### WHAT TO WORK ON
How many lines below contain the word "zero"? Give only the number.

++++ EXERCISE MATERIALS

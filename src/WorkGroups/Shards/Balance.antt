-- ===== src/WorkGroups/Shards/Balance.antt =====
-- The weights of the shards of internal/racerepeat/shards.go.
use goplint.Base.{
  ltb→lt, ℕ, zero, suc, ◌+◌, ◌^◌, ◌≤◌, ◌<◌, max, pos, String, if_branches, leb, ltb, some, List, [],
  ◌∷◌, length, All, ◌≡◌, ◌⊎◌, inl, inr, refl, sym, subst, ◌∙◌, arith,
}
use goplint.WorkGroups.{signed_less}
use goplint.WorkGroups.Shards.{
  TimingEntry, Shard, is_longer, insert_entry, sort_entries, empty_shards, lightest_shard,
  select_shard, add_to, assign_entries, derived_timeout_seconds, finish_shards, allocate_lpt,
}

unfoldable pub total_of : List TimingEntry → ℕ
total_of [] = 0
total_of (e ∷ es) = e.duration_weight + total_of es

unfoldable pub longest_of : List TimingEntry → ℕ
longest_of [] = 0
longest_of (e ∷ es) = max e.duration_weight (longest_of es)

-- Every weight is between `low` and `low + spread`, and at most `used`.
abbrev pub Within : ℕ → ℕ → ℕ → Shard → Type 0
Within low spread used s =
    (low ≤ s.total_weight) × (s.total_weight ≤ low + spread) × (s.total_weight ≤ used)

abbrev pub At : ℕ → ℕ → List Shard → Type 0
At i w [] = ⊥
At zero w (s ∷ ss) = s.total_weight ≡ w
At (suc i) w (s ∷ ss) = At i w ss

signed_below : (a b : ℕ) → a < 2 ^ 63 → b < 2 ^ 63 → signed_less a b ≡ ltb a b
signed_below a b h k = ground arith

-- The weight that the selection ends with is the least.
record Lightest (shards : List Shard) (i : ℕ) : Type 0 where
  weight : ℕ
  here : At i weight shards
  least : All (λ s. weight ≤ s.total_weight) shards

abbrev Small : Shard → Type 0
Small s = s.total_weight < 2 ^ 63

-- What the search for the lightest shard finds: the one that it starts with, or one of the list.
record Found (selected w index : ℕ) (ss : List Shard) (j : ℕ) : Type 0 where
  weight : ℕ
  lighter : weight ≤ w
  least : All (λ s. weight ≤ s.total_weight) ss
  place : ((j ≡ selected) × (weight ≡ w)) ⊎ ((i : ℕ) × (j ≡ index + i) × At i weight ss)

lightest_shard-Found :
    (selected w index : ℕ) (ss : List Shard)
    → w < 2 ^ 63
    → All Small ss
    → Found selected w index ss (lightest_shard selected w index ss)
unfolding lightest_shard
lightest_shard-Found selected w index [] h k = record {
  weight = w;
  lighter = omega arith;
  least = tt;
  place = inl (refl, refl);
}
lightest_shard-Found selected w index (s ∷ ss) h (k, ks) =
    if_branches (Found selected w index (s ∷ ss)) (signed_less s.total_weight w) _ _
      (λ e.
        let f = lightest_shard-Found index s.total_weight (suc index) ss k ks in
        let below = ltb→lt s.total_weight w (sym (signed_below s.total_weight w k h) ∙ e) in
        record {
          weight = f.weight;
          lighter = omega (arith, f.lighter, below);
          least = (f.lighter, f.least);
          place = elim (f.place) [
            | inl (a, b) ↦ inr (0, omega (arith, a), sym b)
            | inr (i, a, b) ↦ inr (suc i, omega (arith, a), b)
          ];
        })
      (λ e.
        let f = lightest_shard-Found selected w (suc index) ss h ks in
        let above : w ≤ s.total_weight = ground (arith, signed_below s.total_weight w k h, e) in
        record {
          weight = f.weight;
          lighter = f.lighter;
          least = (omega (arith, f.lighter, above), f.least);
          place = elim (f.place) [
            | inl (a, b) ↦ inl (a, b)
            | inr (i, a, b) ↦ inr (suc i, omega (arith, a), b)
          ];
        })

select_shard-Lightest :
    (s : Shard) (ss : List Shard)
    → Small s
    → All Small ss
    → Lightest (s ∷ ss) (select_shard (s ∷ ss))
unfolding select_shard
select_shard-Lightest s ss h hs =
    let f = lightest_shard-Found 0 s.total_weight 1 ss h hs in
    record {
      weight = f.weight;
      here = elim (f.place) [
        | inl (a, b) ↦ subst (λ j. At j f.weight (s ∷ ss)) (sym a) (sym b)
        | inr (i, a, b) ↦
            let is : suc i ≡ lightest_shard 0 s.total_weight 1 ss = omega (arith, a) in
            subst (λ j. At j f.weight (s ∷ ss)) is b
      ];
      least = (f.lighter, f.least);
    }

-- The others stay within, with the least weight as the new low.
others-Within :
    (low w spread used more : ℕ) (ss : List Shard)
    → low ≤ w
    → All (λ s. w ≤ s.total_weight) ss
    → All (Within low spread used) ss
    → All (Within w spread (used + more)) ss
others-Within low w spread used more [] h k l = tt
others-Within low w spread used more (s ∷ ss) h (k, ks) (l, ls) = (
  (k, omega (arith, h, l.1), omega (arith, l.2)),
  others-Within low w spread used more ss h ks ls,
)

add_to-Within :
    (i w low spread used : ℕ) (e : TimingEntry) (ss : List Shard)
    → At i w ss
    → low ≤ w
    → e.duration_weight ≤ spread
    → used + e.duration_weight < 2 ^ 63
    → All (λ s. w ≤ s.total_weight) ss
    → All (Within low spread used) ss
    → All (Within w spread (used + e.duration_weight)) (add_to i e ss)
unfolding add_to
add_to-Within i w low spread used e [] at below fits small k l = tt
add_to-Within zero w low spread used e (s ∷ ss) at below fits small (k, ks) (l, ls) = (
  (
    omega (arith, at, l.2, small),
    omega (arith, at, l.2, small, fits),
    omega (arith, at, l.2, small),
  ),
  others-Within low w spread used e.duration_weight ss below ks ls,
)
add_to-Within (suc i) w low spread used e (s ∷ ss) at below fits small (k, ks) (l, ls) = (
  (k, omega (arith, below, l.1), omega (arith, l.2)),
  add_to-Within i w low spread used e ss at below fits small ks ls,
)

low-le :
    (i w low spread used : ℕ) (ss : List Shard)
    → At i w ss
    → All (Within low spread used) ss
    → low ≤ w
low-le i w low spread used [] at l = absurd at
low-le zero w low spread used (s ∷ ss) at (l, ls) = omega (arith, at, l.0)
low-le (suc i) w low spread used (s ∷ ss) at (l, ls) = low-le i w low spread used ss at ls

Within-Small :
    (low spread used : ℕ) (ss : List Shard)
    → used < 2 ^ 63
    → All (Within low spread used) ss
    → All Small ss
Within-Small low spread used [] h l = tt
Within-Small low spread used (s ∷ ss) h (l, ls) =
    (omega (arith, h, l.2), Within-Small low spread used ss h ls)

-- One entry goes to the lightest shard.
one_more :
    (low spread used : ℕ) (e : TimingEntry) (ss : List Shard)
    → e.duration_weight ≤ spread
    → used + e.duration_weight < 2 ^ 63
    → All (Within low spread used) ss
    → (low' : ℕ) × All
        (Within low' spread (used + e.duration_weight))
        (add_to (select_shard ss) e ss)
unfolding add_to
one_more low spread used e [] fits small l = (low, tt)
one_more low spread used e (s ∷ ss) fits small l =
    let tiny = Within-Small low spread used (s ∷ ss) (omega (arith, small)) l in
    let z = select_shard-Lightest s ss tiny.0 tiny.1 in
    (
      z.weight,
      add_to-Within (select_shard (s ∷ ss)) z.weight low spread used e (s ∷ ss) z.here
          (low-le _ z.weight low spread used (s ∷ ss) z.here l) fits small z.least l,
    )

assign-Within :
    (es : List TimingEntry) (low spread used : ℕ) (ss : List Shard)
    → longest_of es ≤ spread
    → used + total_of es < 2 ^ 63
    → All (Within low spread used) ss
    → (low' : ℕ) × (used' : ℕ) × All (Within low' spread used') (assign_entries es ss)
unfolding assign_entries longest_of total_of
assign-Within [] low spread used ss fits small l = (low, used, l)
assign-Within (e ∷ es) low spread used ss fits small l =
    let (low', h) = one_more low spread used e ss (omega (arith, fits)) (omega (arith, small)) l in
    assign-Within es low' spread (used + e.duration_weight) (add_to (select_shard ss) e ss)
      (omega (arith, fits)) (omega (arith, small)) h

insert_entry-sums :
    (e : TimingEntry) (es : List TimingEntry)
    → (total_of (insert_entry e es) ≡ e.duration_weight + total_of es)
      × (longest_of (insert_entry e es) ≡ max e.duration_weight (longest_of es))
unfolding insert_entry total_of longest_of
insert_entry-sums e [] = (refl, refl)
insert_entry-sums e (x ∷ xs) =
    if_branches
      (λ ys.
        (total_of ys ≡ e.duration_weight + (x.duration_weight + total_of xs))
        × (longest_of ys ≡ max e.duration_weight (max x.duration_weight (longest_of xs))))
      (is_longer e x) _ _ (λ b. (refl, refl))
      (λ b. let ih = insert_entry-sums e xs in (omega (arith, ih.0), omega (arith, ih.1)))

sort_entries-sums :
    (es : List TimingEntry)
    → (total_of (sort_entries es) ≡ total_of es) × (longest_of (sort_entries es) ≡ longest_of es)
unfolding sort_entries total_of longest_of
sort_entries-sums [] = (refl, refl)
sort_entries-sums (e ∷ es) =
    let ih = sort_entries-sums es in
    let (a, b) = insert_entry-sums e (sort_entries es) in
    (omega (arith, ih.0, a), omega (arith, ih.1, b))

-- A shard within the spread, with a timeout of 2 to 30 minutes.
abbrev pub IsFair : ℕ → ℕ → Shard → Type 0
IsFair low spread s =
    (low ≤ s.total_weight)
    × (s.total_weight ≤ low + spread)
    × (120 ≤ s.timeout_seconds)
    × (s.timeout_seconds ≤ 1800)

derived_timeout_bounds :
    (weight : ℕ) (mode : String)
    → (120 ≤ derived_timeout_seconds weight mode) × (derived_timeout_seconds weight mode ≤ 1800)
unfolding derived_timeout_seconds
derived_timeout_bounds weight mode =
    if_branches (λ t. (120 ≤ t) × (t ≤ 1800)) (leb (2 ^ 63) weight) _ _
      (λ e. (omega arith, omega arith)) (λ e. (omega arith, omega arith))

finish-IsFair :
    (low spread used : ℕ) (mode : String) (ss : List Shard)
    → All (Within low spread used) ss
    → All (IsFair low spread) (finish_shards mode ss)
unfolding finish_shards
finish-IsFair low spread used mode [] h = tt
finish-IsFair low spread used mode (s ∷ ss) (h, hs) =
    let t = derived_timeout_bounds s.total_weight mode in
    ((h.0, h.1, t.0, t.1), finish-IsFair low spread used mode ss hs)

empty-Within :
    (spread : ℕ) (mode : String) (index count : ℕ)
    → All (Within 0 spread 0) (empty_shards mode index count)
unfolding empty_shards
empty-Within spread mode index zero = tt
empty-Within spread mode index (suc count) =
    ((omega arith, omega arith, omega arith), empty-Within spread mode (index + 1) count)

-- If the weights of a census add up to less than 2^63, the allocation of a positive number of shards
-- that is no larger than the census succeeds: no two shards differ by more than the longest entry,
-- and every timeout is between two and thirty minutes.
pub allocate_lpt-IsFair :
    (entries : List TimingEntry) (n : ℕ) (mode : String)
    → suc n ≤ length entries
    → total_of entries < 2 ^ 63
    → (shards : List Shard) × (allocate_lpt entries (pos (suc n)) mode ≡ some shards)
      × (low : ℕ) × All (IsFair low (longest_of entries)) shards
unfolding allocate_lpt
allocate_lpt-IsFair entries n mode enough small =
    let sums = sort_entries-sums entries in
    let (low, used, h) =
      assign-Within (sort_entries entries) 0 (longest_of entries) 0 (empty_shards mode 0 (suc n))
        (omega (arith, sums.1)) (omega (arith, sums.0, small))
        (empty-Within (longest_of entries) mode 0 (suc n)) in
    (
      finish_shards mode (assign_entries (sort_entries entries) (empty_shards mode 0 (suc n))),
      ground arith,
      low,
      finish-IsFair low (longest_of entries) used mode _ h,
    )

++++++++
++++ EXERCISE MATERIALS

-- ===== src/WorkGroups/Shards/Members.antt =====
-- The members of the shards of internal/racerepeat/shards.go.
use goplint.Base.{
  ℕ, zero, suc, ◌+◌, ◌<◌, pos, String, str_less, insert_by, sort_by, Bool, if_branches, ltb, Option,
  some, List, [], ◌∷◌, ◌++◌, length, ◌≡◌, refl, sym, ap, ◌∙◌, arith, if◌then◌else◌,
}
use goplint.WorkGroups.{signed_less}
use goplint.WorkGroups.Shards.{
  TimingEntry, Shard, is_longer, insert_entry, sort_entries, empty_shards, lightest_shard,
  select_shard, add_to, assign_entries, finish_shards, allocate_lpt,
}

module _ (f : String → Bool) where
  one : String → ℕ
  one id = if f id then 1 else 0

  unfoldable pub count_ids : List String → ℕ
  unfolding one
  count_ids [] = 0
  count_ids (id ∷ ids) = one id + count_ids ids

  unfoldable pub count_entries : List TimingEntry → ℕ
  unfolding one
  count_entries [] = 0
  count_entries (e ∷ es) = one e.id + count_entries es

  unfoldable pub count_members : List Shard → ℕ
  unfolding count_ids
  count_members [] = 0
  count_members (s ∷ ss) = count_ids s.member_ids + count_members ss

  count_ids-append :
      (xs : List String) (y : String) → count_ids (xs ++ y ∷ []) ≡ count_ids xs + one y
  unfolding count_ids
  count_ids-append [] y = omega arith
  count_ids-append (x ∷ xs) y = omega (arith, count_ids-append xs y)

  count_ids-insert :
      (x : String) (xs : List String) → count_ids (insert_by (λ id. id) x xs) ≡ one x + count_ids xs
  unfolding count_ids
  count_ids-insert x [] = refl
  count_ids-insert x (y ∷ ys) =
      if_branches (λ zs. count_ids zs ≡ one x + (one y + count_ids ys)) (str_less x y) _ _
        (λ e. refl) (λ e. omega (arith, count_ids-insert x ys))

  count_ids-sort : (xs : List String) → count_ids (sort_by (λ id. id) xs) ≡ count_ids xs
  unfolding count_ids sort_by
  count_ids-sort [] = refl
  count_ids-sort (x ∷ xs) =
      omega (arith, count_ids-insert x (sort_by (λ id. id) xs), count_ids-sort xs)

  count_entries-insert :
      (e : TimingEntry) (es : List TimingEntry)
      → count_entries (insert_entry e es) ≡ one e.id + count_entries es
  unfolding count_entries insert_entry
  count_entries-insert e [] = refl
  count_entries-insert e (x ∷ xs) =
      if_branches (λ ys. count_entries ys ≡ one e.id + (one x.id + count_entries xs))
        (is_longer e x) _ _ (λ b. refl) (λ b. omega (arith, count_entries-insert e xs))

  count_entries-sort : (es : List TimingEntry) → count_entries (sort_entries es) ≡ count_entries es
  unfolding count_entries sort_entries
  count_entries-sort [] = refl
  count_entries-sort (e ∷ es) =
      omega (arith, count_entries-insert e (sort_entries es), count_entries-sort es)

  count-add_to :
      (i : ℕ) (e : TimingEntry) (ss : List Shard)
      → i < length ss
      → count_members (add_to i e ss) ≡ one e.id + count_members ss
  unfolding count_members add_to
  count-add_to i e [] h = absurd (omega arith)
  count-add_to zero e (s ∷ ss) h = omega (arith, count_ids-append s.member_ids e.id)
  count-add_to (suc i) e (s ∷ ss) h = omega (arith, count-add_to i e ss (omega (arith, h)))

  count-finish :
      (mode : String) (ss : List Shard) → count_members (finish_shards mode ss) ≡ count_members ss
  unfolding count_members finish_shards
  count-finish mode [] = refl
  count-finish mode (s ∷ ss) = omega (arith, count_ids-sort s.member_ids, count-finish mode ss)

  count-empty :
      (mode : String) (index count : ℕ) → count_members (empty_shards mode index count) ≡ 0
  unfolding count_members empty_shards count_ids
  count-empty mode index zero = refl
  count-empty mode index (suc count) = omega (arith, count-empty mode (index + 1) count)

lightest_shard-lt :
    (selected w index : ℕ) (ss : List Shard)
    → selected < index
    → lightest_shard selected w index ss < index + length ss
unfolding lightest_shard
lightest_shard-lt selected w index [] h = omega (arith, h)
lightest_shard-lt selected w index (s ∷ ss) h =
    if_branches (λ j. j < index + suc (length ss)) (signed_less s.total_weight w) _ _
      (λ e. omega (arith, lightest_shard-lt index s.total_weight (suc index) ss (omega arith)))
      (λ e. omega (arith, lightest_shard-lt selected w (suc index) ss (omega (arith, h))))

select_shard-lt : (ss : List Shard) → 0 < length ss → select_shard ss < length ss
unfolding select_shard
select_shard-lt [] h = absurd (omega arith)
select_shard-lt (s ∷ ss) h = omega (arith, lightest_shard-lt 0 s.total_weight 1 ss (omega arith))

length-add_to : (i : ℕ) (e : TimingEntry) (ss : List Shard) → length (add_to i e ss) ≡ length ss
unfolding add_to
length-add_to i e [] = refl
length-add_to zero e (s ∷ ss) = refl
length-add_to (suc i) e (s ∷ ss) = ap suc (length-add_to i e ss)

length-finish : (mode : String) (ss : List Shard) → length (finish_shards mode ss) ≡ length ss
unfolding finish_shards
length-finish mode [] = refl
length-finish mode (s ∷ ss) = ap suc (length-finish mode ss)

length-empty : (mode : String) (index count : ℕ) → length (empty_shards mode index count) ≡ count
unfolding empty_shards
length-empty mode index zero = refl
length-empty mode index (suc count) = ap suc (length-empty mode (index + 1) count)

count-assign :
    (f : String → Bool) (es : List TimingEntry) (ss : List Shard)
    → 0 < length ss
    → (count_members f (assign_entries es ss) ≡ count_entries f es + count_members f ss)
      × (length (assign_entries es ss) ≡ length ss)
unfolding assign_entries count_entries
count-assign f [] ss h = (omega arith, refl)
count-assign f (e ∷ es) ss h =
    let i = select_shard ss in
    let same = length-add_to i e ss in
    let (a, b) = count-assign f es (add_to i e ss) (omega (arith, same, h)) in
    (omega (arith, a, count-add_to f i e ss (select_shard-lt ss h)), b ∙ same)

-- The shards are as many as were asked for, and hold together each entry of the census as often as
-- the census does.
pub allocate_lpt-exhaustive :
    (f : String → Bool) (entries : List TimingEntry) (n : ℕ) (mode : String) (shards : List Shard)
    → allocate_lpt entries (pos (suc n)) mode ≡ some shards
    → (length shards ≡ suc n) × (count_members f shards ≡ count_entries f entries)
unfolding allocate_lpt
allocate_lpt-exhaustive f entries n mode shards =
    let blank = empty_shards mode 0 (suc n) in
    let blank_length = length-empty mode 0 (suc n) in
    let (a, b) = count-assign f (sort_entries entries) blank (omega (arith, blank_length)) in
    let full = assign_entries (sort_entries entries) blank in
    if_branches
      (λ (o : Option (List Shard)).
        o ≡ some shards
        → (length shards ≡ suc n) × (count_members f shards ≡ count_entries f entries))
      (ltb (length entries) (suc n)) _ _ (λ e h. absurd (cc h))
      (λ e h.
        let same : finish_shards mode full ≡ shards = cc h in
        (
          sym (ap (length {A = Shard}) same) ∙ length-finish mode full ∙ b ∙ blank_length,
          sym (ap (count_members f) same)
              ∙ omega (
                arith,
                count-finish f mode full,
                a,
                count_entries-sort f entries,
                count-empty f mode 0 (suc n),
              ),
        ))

++++++++

### RESPONSE BOX
10